A quantum field theoretic approach to the calculation of reduction factors in Jahn-Teller systems. III. Γ5, Γ8⊗(Σ( α1+ε + τ2)) in octahedral symmetry

Abstract

For pt.II see ibid., vol.16, no.14, p.2705 (1983). The method and results of the two previous papers are extended to triplet and quartet electronic states in octahedral symmetry. Explicit expressions are given for all reduction factors to fourth order, including nonlinear, anharmonic and symmetric interactions. Sum rules for reduction factors, and the conditions under which they are broken, are discussed in detail for each system, in the general coupling case, in the case where one coupling symmetry only is assumed, and in the case of equal coupling.
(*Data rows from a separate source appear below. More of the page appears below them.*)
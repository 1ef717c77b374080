-- ===== src/Server/Lru/Slots.antt =====
-- The slots of the list of cmd/flowd/server/lru.go: an element and the entry that it points to.
use llm_agent_flow.Base.{
  ℕ, String, true, false, Option, none, some, List, [], ◌∷◌, ◌≡◌, refl, All, length, arith, eq_iff,
  eq_refl, ◌==◌, Bool-cases, inl, inr, subst, ap, if◌then◌else◌,
}
use llm_agent_flow.Server.Lru.{CacheEntry, holds, unlink, back, write}
use llm_agent_flow.Server.Lru.Recency.{find, drop, drop_last}

pub record Slot (A : Type 0) : Type 0 where
  pub at : ℕ
  pub entry : CacheEntry A

module _ {A : Type 0} where
  abbrev pub elements : List (Slot A) → List ℕ
  elements [] = []
  elements (s ∷ t) = s.at ∷ elements t

  abbrev pub contents : List (Slot A) → List (CacheEntry A)
  contents [] = []
  contents (s ∷ t) = s.entry ∷ contents t

  abbrev pub slot : String → List (Slot A) → Option (Slot A)
  slot key [] = none
  slot key (s ∷ t) = if s.entry.key == key then some s else slot key t

  abbrev pub element : String → List (Slot A) → Option ℕ
  element key [] = none
  element key (s ∷ t) = if s.entry.key == key then some s.at else element key t

  abbrev pub without : String → List (Slot A) → List (Slot A)
  without key [] = []
  without key (s ∷ t) = if s.entry.key == key then t else s ∷ without key t

  abbrev pub last_slot : List (Slot A) → Option (Slot A)
  last_slot [] = none
  last_slot (s ∷ []) = some s
  last_slot (s ∷ s' ∷ t) = last_slot (s' ∷ t)

  -- No element and no key occurs twice.
  abbrev pub Apart : List (Slot A) → Type 0
  Apart [] = Unit
  Apart (s ∷ t) = (element s.entry.key t ≡ none) × (holds s.at (elements t) ≡ false) × Apart t

  pub length-elements : (t : List (Slot A)) → length (elements t) ≡ length (contents t)
  length-elements [] = refl
  length-elements (s ∷ t) = omega (arith, length-elements t)

  -- What the slot of a key has to do with the rest of the list.
  pub element-none : (key : String) (t : List (Slot A)) → slot key t ≡ none → element key t ≡ none
  element-none key [] h = refl
  element-none key (s ∷ t) h = ground (arith, element-none key t)

  pub element-some :
      (key : String) (t : List (Slot A)) (s : Slot A)
      → slot key t ≡ some s
      → element key t ≡ some s.at
  element-some key [] s h = cc
  element-some key (r ∷ t) s h = ground (arith, element-some key t s)

  pub slot-key :
      (key : String) (t : List (Slot A)) (s : Slot A) → slot key t ≡ some s → s.entry.key ≡ key
  slot-key key [] s h = cc
  slot-key key (r ∷ t) s h = ground (arith, slot-key key t s, eq_iff r.entry.key key)

  pub find-none :
      (key : String) (t : List (Slot A)) → slot key t ≡ none → find key (contents t) ≡ none
  find-none key [] h = refl
  find-none key (s ∷ t) h = ground (arith, find-none key t)

  pub find-some :
      (key : String) (t : List (Slot A)) (s : Slot A)
      → slot key t ≡ some s
      → find key (contents t) ≡ some s.entry
  find-some key [] s h = cc
  find-some key (r ∷ t) s h = ground (arith, find-some key t s)

  pub contents-without :
      (key : String) (t : List (Slot A)) → contents (without key t) ≡ drop key (contents t)
  contents-without key [] = refl
  contents-without key (s ∷ t) = ground (arith, contents-without key t)

  pub drop-absent :
      (key : String) (t : List (Slot A)) → slot key t ≡ none → drop key (contents t) ≡ contents t
  drop-absent key [] h = refl
  drop-absent key (s ∷ t) h = ground (arith, drop-absent key t)

  pub All-slot {ℓ} :
      (P : Slot A → Type ℓ) (key : String) (t : List (Slot A)) (s : Slot A)
      → All P t
      → slot key t ≡ some s
      → P s
  All-slot P key [] s all h = cc
  All-slot P key (r ∷ t) s all h = elim (Bool-cases (r.entry.key == key)) [
    | inl same ↦ subst P (ground arith) all.0
    | inr other ↦ All-slot P key t s all.1 (ground arith)
  ]

  pub holds-element :
      (key : String) (t : List (Slot A)) (s : Slot A)
      → slot key t ≡ some s
      → holds s.at (elements t) ≡ true
  holds-element key [] s h = cc
  holds-element key (r ∷ t) s h = ground (arith, holds-element key t s)

  pub unlink-element :
      (key : String) (t : List (Slot A)) (s : Slot A)
      → Apart t
      → slot key t ≡ some s
      → unlink s.at (elements t) ≡ elements (without key t)
  unlink-element key [] s a h = cc
  unlink-element key (r ∷ t) s a h =
      ground (arith, unlink-element key t s a.2, holds-element key t s, a.1)

  pub All-without {ℓ} :
      (P : Slot A → Type ℓ) (key : String) (t : List (Slot A)) → All P t → All P (without key t)
  All-without P key [] all = all
  All-without P key (s ∷ t) all = elim (Bool-cases (s.entry.key == key)) [
    | inl same ↦ simp (same) all.1
    | inr other ↦ simp (other) (all.0, All-without P key t all.1)
  ]

  pub element-without :
      (key other : String) (t : List (Slot A))
      → Apart t
      → element other (without key t) ≡ (if other == key then none else element other t)
  element-without key other [] a = ground arith
  element-without key other (s ∷ t) a = ground (
    arith,
    element-without key other t a.2,
    a.0,
    eq_iff s.entry.key key,
    eq_iff s.entry.key other,
    eq_iff other key,
  )

  holds-without :
      (el : ℕ) (key : String) (t : List (Slot A))
      → holds el (elements t) ≡ false
      → holds el (elements (without key t)) ≡ false
  holds-without el key [] h = refl
  holds-without el key (s ∷ t) h = ground (arith, holds-without el key t)

  pub Apart-without : (key : String) (t : List (Slot A)) → Apart t → Apart (without key t)
  Apart-without key [] a = a
  Apart-without key (s ∷ t) a = elim (Bool-cases (s.entry.key == key)) [
    | inl same ↦ simp (same) a.2
    | inr other ↦ simp (other) (
      ground (arith, element-without key s.entry.key t a.2, a.0),
      holds-without s.at key t a.1,
      Apart-without key t a.2,
    )
  ]

  -- An entry that is written leaves the slots of other elements.
  pub untouched :
      (entries : ℕ → Option (CacheEntry A)) (el : ℕ) (entry : CacheEntry A) (t : List (Slot A))
      → holds el (elements t) ≡ false
      → All (λ s. entries s.at ≡ some s.entry) t
      → All (λ s. write entries el entry s.at ≡ some s.entry) t
  untouched entries el entry [] h all = all
  untouched entries el entry (s ∷ t) h all =
      (ground (arith, h, all.0), untouched entries el entry t (ground (arith, h)) all.1)

  -- The element of a key is not among the rest.
  pub holds-rest :
      (key : String) (t : List (Slot A)) (s : Slot A)
      → Apart t
      → slot key t ≡ some s
      → holds s.at (elements (without key t)) ≡ false
  holds-rest key [] s a h = refl
  holds-rest key (r ∷ t) s a h = ground (arith, holds-rest key t s a.2, holds-element key t s, a.1)

  other_key :
      (key : String) (t : List (Slot A)) (s : Slot A)
      → element key t ≡ none
      → slot s.entry.key t ≡ some s
      → (key == s.entry.key) ≡ false
  other_key key t s missing found =
      ground (arith, element-some s.entry.key t s found, missing, eq_iff key s.entry.key)

  -- The last slot is the one that a list without its last entry lacks.
  pub slot-last :
      (t : List (Slot A)) (s : Slot A)
      → Apart t
      → last_slot t ≡ some s
      → slot s.entry.key t ≡ some s
  slot-last [] s a h = cc
  slot-last (r ∷ []) s a h = ground (arith, eq_refl s.entry.key)
  slot-last (r ∷ r' ∷ t) s a h =
      let found : slot s.entry.key (r' ∷ t) ≡ some s = slot-last (r' ∷ t) s a.2 h in
      let other : (r.entry.key == s.entry.key) ≡ false =
        other_key r.entry.key (r' ∷ t) s a.0 found in
      rw (other) found

  pub back-elements :
      (t : List (Slot A)) (s : Slot A) → last_slot t ≡ some s → back (elements t) ≡ some s.at
  back-elements [] s h = cc
  back-elements (r ∷ []) s h = cc
  back-elements (r ∷ r' ∷ t) s h = back-elements (r' ∷ t) s h

  pub last_slot-cons :
      (r : Slot A) (t : List (Slot A)) → (s : Slot A) × (last_slot (r ∷ t) ≡ some s)
  last_slot-cons r [] = (r, refl)
  last_slot-cons r (r' ∷ t) = last_slot-cons r' t

  pub drop_last-contents :
      (t : List (Slot A)) (s : Slot A)
      → Apart t
      → last_slot t ≡ some s
      → drop_last (contents t) ≡ drop s.entry.key (contents t)
  drop_last-contents [] s a h = refl
  drop_last-contents (r ∷ []) s a h = ground (arith, eq_refl s.entry.key)
  drop_last-contents (r ∷ r' ∷ t) s a h =
      let other : (r.entry.key == s.entry.key) ≡ false =
        other_key r.entry.key (r' ∷ t) s a.0 (slot-last (r' ∷ t) s a.2 h) in
      rw (other) (ap (λ rest. r.entry ∷ rest) (drop_last-contents (r' ∷ t) s a.2 h))
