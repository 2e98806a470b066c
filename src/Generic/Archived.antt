-- ===== src/Generic/Archived.antt =====
-- `SyncRecord` and the archive, whatever the Palm and the memory answer.
use mathlib.Core.List.{Memᴰ}
use mathlib.Core.List.Memᴰ.{head, append_left, append_right}
use coldsync.Base.{
  ℕ, true, some, List, [], ◌∷◌, Bool-cases, Option-cases, ◌≡◌, refl, sym, ap, ◌∙◌, inl, inr, arith,
}
use coldsync.Pdb.{PdbRecord, at_addr}
use coldsync.Pdb.Memory.{new_record}
use coldsync.Generic.{
  archive_record, load, change, delete_local, append_local, copy_remote, delete_remote, upload,
  is_noerr, sync_archived, sync_gone, sync_modified, sync_clean, sync_kinds, sync_record, written,
  rest_of,
}
use coldsync.Generic.Remote.{Palm}
use coldsync.Generic.Monad.{Conduit, Outcome, ok, err, fault, M, continue, ◌>>=◌, ◌>>◌}
use coldsync.Generic.Records.{
  Kind, archived, gone, modified, clean, kind, clear_status_flags, same_data,
}
use coldsync.Generic.Steps.{change-eq, with_change}
use coldsync.Generic.Order.{compare_bytes→eq, is_equal→eq}

-- The archive has these data.
abbrev pub Archived : {P : Type 0} → List ℕ → Conduit P → Type 0
Archived bytes s = Memᴰ bytes s.archive

-- What is archived stays archived, however the function ends.
abbrev pub Keeps : {P A : Type 0} → List ℕ → M P A → Type 0
Keeps {P} bytes m = (s : Conduit P) → Archived bytes s → Archived bytes (m s).1

module _ {P : Type 0} (bytes : List ℕ) where
  Keeps-bind :
      {A B : Type 0} (m : M P A) (f : A → M P B)
      → Keeps bytes m
      → ((a : A) → Keeps bytes (f a))
      → Keeps bytes (m >>= f)
  Keeps-bind {A = A} m f first rest s h = by_case (m s) (first s h)
    where
      by_case :
          (o : Outcome A × Conduit P) → Archived bytes o.1 → Archived bytes (continue o.0 f o.1).1
      by_case (ok a, s') h' = rest a s' h'
      by_case (err, s') h' = h'
      by_case (fault, s') h' = h'

  archive_record-Keeps : (rec : PdbRecord) → Keeps {P = P} bytes (archive_record rec)
  unfolding archive_record
  archive_record-Keeps rec s h = elim (Bool-cases (written s.writes)) [
    | inl done ↦ rw done (append_left (rec.payload ∷ []) h)
    | inr failed ↦ rw failed h
  ]

  change-Keeps : (a : ℕ) (f : PdbRecord → PdbRecord) → Keeps {P = P} bytes (change a f)
  unfolding change load
  change-Keeps a f s h = elim (Option-cases (at_addr a s.localdb.recs)) [
    | inl e ↦ rw e h
    | inr (l, e) ↦ rw e h
  ]

  delete_local-Keeps : (a : ℕ) → Keeps {P = P} bytes (delete_local a)
  unfolding delete_local load
  delete_local-Keeps a s h = elim (Option-cases (at_addr a s.localdb.recs)) [
    | inl e ↦ rw e h
    | inr (l, e) ↦ rw e h
  ]

  copy_remote-Keeps : (flags : ℕ) (r : PdbRecord) → Keeps {P = P} bytes (copy_remote flags r)
  unfolding copy_remote
  copy_remote-Keeps flags r s h =
      elim (Option-cases (new_record flags r.category r.id r.payload s.memory).0) [
        | inl e ↦ rw e h
        | inr (new, e) ↦ rw e h
      ]

  append_local-Keeps : (new : PdbRecord) → Keeps {P = P} bytes (append_local new)
  unfolding append_local
  append_local-Keeps new s h = h

  -- A record that is archived, while the archive can be written, and the rest.
  archive-Archived :
      (rec : PdbRecord) (m : M P (Unit {0})) (s : Conduit P)
      → rec.payload ≡ bytes
      → s.writes ≡ []
      → Keeps bytes m
      → Archived bytes ((archive_record rec >> m) s).1
  unfolding archive_record
  archive-Archived rec m s same writes rest =
      rest _ (rw writes (append_right s.archive (head (sym same))))

  -- The same, after the flags of the local record were cleared.
  clear_archive-Archived :
      (a : ℕ) (l : PdbRecord) (m : M P (Unit {0})) (s : Conduit P)
      → at_addr a s.localdb.recs ≡ some l
      → l.payload ≡ bytes
      → s.writes ≡ []
      → Keeps bytes m
      → Archived bytes ((change a clear_status_flags >> (archive_record l >> m)) s).1
  clear_archive-Archived a l m s at_a same writes rest =
      rw (change-eq a clear_status_flags s at_a)
        (archive-Archived l m (with_change a clear_status_flags s) same writes rest)

same_data→≡ : (l r : PdbRecord) → same_data l r ≡ true → l.payload ≡ r.payload
unfolding same_data
same_data→≡ l r e = compare_bytes→eq l.payload r.payload (is_equal→eq _ (ground (arith, e)))

module _ (palm : Palm) (bytes : List ℕ) (a : ℕ) where
  delete_remote-Keeps : (id : ℕ) → Keeps bytes (delete_remote palm id)
  unfolding delete_remote
  delete_remote-Keeps id s h = elim (Bool-cases (is_noerr palm (palm.delete_record id s.palm).0)) [
    | inl done ↦ rw done h
    | inr failed ↦ rw failed (elim (Bool-cases (palm.is_online (palm.delete_record id s.palm).1)) [
      | inl on ↦ rw on h
      | inr off ↦ rw off h
    ])
  ]

  upload-Keeps : (id : ℕ) → Keeps bytes (upload palm a id)
  unfolding upload load
  upload-Keeps id s h = elim (Option-cases (at_addr a s.localdb.recs)) [
    | inl e ↦ rw e h
    | inr (l, e) ↦
        rw e
          (elim (Bool-cases
            (is_noerr palm (palm.write_record id l.flags l.category l.payload s.palm).0)) [
              | inl done ↦ rw done (change-Keeps bytes a _ _ h)
              | inr failed ↦ rw failed h
            ])
  ]

  both-Keeps : (id : ℕ) → Keeps bytes (delete_remote palm id >> delete_local a)
  both-Keeps id =
      Keeps-bind bytes (delete_remote palm id) (λ _. delete_local a) (delete_remote-Keeps id)
        (λ _. delete_local-Keeps bytes a)

  clear_upload-Keeps : (id : ℕ) → Keeps bytes (change a clear_status_flags >> upload palm a id)
  clear_upload-Keeps id =
      Keeps-bind bytes (change a clear_status_flags) (λ _. upload palm a id)
        (change-Keeps bytes a clear_status_flags) (λ _. upload-Keeps id)

  module _ (l r : PdbRecord) (s : Conduit palm.State) (writes : s.writes ≡ []) where
    remote-Archived :
        (kl : Kind) → r.payload ≡ bytes → Archived bytes (sync_archived palm kl a l r s).1
    unfolding sync_archived archive_record
    remote-Archived archived same = elim (Bool-cases (same_data l r)) [
      | inl equal ↦ rw equal (
          archive-Archived bytes l (delete_remote palm r.id >> delete_local a) s
            (same_data→≡ l r equal ∙ same) writes (both-Keeps r.id))
      | inr differ ↦ rw differ (
          archive-Archived bytes r (delete_remote palm r.id >> delete_local a)
            (archive_record l s).1 same (ap rest_of writes) (both-Keeps r.id))
    ]
    remote-Archived gone same =
        archive-Archived bytes r (delete_remote palm r.id >> delete_local a) s same writes
          (both-Keeps r.id)
    remote-Archived modified same =
        archive-Archived bytes r (change a clear_status_flags >> upload palm a l.id) s same writes
          (clear_upload-Keeps l.id)
    remote-Archived clean same =
        archive-Archived bytes r (delete_local a) s same writes (delete_local-Keeps bytes a)

    local-Archived :
        (kr : Kind)
        → at_addr a s.localdb.recs ≡ some l
        → l.payload ≡ bytes
        → Archived bytes (sync_kinds palm kr archived a l r s).1
    unfolding sync_kinds sync_archived sync_gone sync_modified sync_clean archive_record
    local-Archived archived at_a same = elim (Bool-cases (same_data l r)) [
      | inl equal ↦ rw equal (
          archive-Archived bytes l (delete_remote palm r.id >> delete_local a) s same writes
            (both-Keeps r.id))
      | inr differ ↦ rw differ (
          archive-Archived bytes l (archive_record r >> (delete_remote palm r.id >> delete_local a))
            s same writes
            (Keeps-bind bytes (archive_record r) (λ _. delete_remote palm r.id >> delete_local a)
              (archive_record-Keeps bytes r) (λ _. both-Keeps r.id)))
    ]
    local-Archived gone at_a same =
        clear_archive-Archived bytes a l (delete_local a) s at_a same writes
          (delete_local-Keeps bytes a)
    local-Archived modified at_a same =
        clear_archive-Archived bytes a l (delete_local a >> copy) s at_a same writes (
          Keeps-bind bytes (delete_local a) (λ _. copy) (delete_local-Keeps bytes a)
            λ _.
              Keeps-bind bytes (copy_remote r.flags r)
                (λ new. change a clear_status_flags >> append_local new)
                (copy_remote-Keeps bytes r.flags r)
                λ new.
                  Keeps-bind bytes (change a clear_status_flags) (λ _. append_local new)
                    (change-Keeps bytes a clear_status_flags) (λ _. append_local-Keeps bytes new))
      where
        copy : M palm.State (Unit {0})
        copy = copy_remote r.flags r >>= λ new. change a clear_status_flags >> append_local new
    local-Archived clean at_a same =
        clear_archive-Archived bytes a l (delete_local a >> delete_remote palm r.id) s at_a same
          writes
          (Keeps-bind bytes (delete_local a) (λ _. delete_remote palm r.id)
            (delete_local-Keeps bytes a) (λ _. delete_remote-Keeps r.id))

-- While the archive can be written, and the local record is in the database, whatever the Palm and the
-- memory answer and however `SyncRecord` ends: the data of the remote record stand in the archive if
-- that record is to be archived, and those of the local one if that one is.
pub sync_record-Archived :
    (palm : Palm) (a : ℕ) (l r : PdbRecord) (s : Conduit palm.State)
    → s.writes ≡ []
    → at_addr a s.localdb.recs ≡ some l
    → (kind r ≡ archived → Archived r.payload (sync_record palm a r s).1)
      × (kind l ≡ archived → Archived l.payload (sync_record palm a r s).1)
unfolding sync_record load sync_kinds
sync_record-Archived palm a l r s writes at_a = rw at_a (
  (λ e. rw e (remote-Archived palm r.payload a l r s writes (kind l) refl)),
  (λ e. rw e (local-Archived palm l.payload a l r s writes (kind r) at_a refl)),
)
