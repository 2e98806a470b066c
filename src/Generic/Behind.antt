-- ===== src/Generic/Behind.antt =====
-- Lists of records of which a walk has looked at the first ones.
use coldsync.Base.{ℕ, none, List, [], ◌∷◌, ◌++◌, ◌≡◌, refl, ◌∙◌, arith}
use coldsync.Pdb.{PdbRecord, at_addr, update_at, delete_by_id}
use coldsync.Pdb.Ids.{lookup}

-- The record behind the ones that were looked at.
pub at_addr-append :
    (a : ℕ) (done recs : List PdbRecord)
    → at_addr a done ≡ none
    → at_addr a (done ++ recs) ≡ at_addr a recs
unfolding at_addr
at_addr-append a [] recs e = refl
at_addr-append a (rec ∷ done) recs e = ground (arith, e, at_addr-append a done recs)

pub update_at-append :
    (a : ℕ) (f : PdbRecord → PdbRecord) (done recs : List PdbRecord)
    → at_addr a done ≡ none
    → update_at a f (done ++ recs) ≡ done ++ update_at a f recs
unfolding at_addr update_at
update_at-append a f [] recs e = refl
update_at-append a f (rec ∷ done) recs e = ground (arith, e, update_at-append a f done recs)

pub delete_by_id-append :
    (k : ℕ) (done recs : List PdbRecord)
    → lookup k done ≡ none
    → delete_by_id k (done ++ recs) ≡ done ++ delete_by_id k recs
unfolding lookup delete_by_id
delete_by_id-append k [] recs e = refl
delete_by_id-append k (rec ∷ done) recs e = ground (arith, e, delete_by_id-append k done recs)

pub lookup-append_none :
    (k : ℕ) (done recs : List PdbRecord)
    → lookup k done ≡ none
    → lookup k (done ++ recs) ≡ lookup k recs
unfolding lookup
lookup-append_none k [] recs e = refl
lookup-append_none k (rec ∷ done) recs e = ground (arith, e, lookup-append_none k done recs)

-- None of the records that were looked at has the ID or the address of one that is left.
abbrev pub Behind : List PdbRecord → List PdbRecord → Type 0
Behind done [] = Unit
Behind done (rec ∷ recs) =
    (lookup rec.id done ≡ none) × (at_addr rec.addr done ≡ none) × Behind done recs

pub Behind-nil : (recs : List PdbRecord) → Behind [] recs
unfolding lookup at_addr
Behind-nil [] = tt
Behind-nil (rec ∷ recs) = (refl, refl, Behind-nil recs)

pub Behind-cons :
    (done : List PdbRecord) (x : PdbRecord) (recs : List PdbRecord)
    → Behind done recs
    → lookup x.id recs ≡ none
    → at_addr x.addr recs ≡ none
    → Behind (done ++ (x ∷ [])) recs
unfolding lookup at_addr
Behind-cons done x [] behind no_id no_addr = tt
Behind-cons done x (rec ∷ recs) (far, away, behind) no_id no_addr = (
  lookup-append_none rec.id done (x ∷ []) far ∙ ground (arith, no_id),
  at_addr-append rec.addr done (x ∷ []) away ∙ ground (arith, no_addr),
  Behind-cons done x recs behind (ground (arith, no_id)) (ground (arith, no_addr)),
)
A general proof is given for all Jahn-Teller systems, including tetrahedral and icosahedral systems, that sum rules associated with time-reversal considerations at second order are also valid at fourth order to the case of coupling to isoenergetic modes. For triplet systems weak tau 2 coupling together with nonlinear and anharmonic effects may be expected to have disproportionately large effects by inducing violations of sum rules and by introducing resonant terms. For quartet systems many novel sum rules are discussed. By testing such rules or by measuring the temperature dependence of a reduction factor it is possible in principle to determine whether either coupling symmetry is dominant and whether any of nonlinear, anharmonic and symmetric coupling effects are significant in practice.